Always eager to prove their superiority to their Western foes, the North Korean regime has a reputation for making extraordinary claims and exaggerating its achievements. When it comes to technology, North Korea has been especially apt to tout its many homegrown innovations.

The ruling ideology of the country, Juche, calls for self-reliance of the Korean nation. In this spirit, these inventions serve as propaganda tools, helping the regime to deceive its citizens into believing that their country is on an equal technological footing with the rest of the world. However, looking a little closer, one will find that most of these homegrown “innovations” are usually nothing more than inferior-quality copies of foreign products.

10 Arirang Smartphone

Photo credit: Phone Arena

The Arirang, named after a Korean folk song, is North Korea’s first attempt at manufacturing its own smartphone. The device, announced in 2013, was reported by North Korean state news to be entirely built within the country. Supreme Leader Kim Jong Un himself personally inspected the phone in an effort to help promote it.[1]

The phone appears to run on a modified form of the Android operating system, but the actual functionality of the device is questionable, given that there is no outside Internet access in North Korea. Koryolink, the country’s sole cell service provider, only permits domestic calls and access to a small amount of approved websites on the country’s “intranet” service.

The design of the phone itself has been called into question. Experts have noted the similarity of the design to the low-end Chinese Uniscope U1201 smartphone (which you can see for yourself in the above picture). There is speculation that the Arirang may actually be produced in China and shipped to North Korean “factories,” allowing the regime to take credit for the technology.

9 Red Star OS

Photo credit: Will Scott

Red Star OS is the official operating system of North Korea. Seeking to distance itself from the American-developed Windows operating system, North Korea began developing its own in 2002. Red Star OS superficially resembles Mac OS X but is actually a heavily modified Linux distribution. The OS includes a modified version of Firefox called Naenara, Korean for “my country,” on which the user can access the previously mentioned intranet.

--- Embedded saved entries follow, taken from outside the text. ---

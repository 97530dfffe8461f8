-- ===== src/Talloc/Alloc.antt =====
-- `Talloc::alloc`, `dealloc` and `shrink`.
use tauos.Base.{
  ℕ, zero, suc, ◌+◌, ◌-◌, bit_and, true, false, Bool, Option, none, some, ◌==◌, ltb, if◌then◌else◌,
}
use tauos.Bits.{modulus, add64, sub64, not64, ◌<<◌, ◌>>>◌}
use tauos.Utils.{fast_non0_log2}
use tauos.Llist.{Ptr}
use tauos.Talloc.{
  Talloc, State, Layout, is_lower_buddy, block_granularity, bitmap_offset, read_bitflag,
  add_block_next, remove_block_next, remove_block, layout_to_size,
}

-- A call that can fail for lack of memory, or run for ever in the handler's loop.
pub data Outcome (A : Type 0) : Type 0 where
  done : State → A → Outcome A
  alloc_error : State → Outcome A
  out_of_fuel : Outcome A

-- `oom_handler`: the state that it leaves, and whether it returned `Ok`.
abbrev pub OomHandler : Type 0
OomHandler = State → Layout → State × Bool

-- `for hi_granularity in lo..=hi`: `rounds` of it are left.
unfoldable pub split_blocks : (rounds hi_granularity hi_block_size : ℕ) → Ptr → State → State
split_blocks zero hi_granularity hi_block_size base s = s
split_blocks (suc rounds) hi_granularity hi_block_size base s =
    let hi_block_base = add64 base hi_block_size in
    split_blocks rounds (hi_granularity + 1) (hi_block_size >>> 1) base (
      add_block_next s hi_granularity (bitmap_offset s.talloc hi_block_base hi_block_size)
        hi_block_base)

-- The block of `larger_avl`, broken down to `granularity`.
unfoldable pub alloc_larger : State → (granularity larger_avl : ℕ) → Outcome Ptr
alloc_larger s granularity larger_avl =
    let lgr_granularity = fast_non0_log2 larger_avl in
    let lgr_size = s.talloc.arena_size_pow2 >>> lgr_granularity in
    let (s', lgr_base) = remove_block_next s lgr_granularity lgr_size in
    done
      (split_blocks (granularity - lgr_granularity) (lgr_granularity + 1) (lgr_size >>> 1) lgr_base
        s')
      lgr_base

-- `self.avails & !(usize::MAX << granularity)`
abbrev pub larger_avails : Talloc → ℕ → ℕ
larger_avails t granularity = bit_and t.avails (not64 (modulus - 1 << granularity))

module _ (oom_handler : OomHandler) where
  -- `while size > self.arena_size { (self.oom_handler)(self, layout)?; }`
  unfoldable pub grow_arena : ℕ → State → Layout → ℕ → Outcome (Unit {0})
  grow_arena zero s layout size = out_of_fuel
  grow_arena (suc fuel) s layout size = elim (ltb s.talloc.arena_size size) [
    | false ↦ done s tt
    | true ↦
        let (s', is_ok) = oom_handler s layout in
        elim is_ok [ false ↦ alloc_error s' | true ↦ grow_arena fuel s' layout size ]
  ]

  -- The loop that looks for a larger block, and what follows it.
  unfoldable pub find_larger : ℕ → State → Layout → (size granularity : ℕ) → Outcome Ptr
  find_larger zero s layout size granularity = out_of_fuel
  find_larger (suc fuel) s layout size granularity =
      let larger_avl = larger_avails s.talloc granularity in
      elim (larger_avl == 0) [
        | false ↦ alloc_larger s granularity larger_avl
        | true ↦
            let (s', is_ok) = oom_handler s layout in
            elim is_ok [
              | false ↦ alloc_error s'
              | true ↦ find_larger fuel s' layout size (block_granularity s'.talloc size)
            ]
      ]

  -- What follows the first loop of `alloc`.
  unfoldable pub alloc_sized : ℕ → State → Layout → ℕ → Outcome Ptr
  unfolding find_larger alloc_larger split_blocks
  alloc_sized fuel s layout size =
      let granularity = block_granularity s.talloc size in
      if bit_and s.talloc.avails (1 << granularity) == 0
      then find_larger fuel s layout size granularity
      else let (s', base) = remove_block_next s granularity size in done s' base

  unfoldable pub alloc : ℕ → State → Layout → Outcome Ptr
  unfolding grow_arena
  alloc fuel s layout =
      let size = layout_to_size s.talloc layout in
      elim (grow_arena fuel s layout size) [
        | done s' _ ↦ alloc_sized fuel s' layout size
        | alloc_error s' ↦ alloc_error s'
        | out_of_fuel ↦ out_of_fuel
      ]

-- The `while` loop of `dealloc` and the registration after it; `none` when the fuel runs out.
unfoldable pub merge : ℕ → State → Ptr → (size granularity offset : ℕ) → Option State
merge zero s ptr size granularity offset = none
merge (suc fuel) s ptr size granularity offset = elim (read_bitflag s.talloc.bitmap offset) [
  | false ↦ some (add_block_next s granularity offset ptr)
  | true ↦
      let lower = is_lower_buddy ptr size in
      let buddy_ptr = if lower then add64 ptr size else sub64 ptr size in
      let next_ptr = if lower then ptr else sub64 ptr size in
      let s' = remove_block s granularity offset buddy_ptr in
      merge fuel s' next_ptr (size << 1) (sub64 granularity 1)
        (bitmap_offset s'.talloc next_ptr (size << 1))
]

-- A granularity is below 64, so 64 rounds are enough.
unfoldable pub dealloc : State → Ptr → Layout → Option State
unfolding merge
dealloc s ptr layout =
    let size = layout_to_size s.talloc layout in
    merge 64 s ptr size (block_granularity s.talloc size) (bitmap_offset s.talloc ptr size)

unfoldable pub shrink : State → Ptr → (old_layout new_layout : Layout) → State
unfolding split_blocks
shrink s ptr old_layout new_layout =
    let old_size = layout_to_size s.talloc old_layout in
    let new_size = layout_to_size s.talloc new_layout in
    let old_granularity = block_granularity s.talloc old_size in
    let new_granularity = block_granularity s.talloc new_size in
    if old_size == new_size
    then s
    else split_blocks (new_granularity - old_granularity) (old_granularity + 1) (old_size >>> 1) ptr
        s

The entire operating system was built with control of information in mind. Red Star has the ability to “watermark” files in order to trace their distribution, allowing the North Korean state to crack down on foreign media transferred using USB drives. The OS is very resistant to tampering; if a user attempts to make any changes such as disabling the firewall, the computer will automatically reboot itself.[2]

8 Junma Luxury Car

Photo credit: Autoweek

The Junma is a knockoff luxury car built by Pyeonghwa Motors, a joint venture between a politically active South Korean church and a North Korean government-owned business. Pyeonghwa Motors exclusively owns the rights to automotive production and sale in North Korea and is the only business that is known to run billboard advertisements in the country.[3]

The Junma is the top-of-the-line “luxury” car in Pyeonghwa’s lineup. This sedan is based on a South Korean car, itself a copy of a Mercedes-Benz E-class from the mid-1990s. Although the most powerful Pyeonghwa car, the Junma’s 197-horsepower engine pales in comparison to modern sports cars. With the average North Korean citizen being barred from driving, the Junma is presumably intended for high-ranking government officials.

The production statistics for the Junma are completely unknown, but the overall car production of Pyeonghwa Motors is estimated at about 1,000 units per year. Strangely, the company does export some cars to Vietnam, so if you are eager to get yourself one of these “luxury” rides, you might be able to buy one there!

7 Samjiyon Tablet

Photo credit: NK News

The Samjiyon is a North Korean tablet computer first released in 2012. The tablet runs a standard Android build and costs $200. Like the Arirang smartphone, the built-in browser only allows access to the heavily controlled government intranet. The device doesn’t offer Wi-Fi support, but it does have a TV tuner fixed to the frequencies of North Korea’s two state-run television channels.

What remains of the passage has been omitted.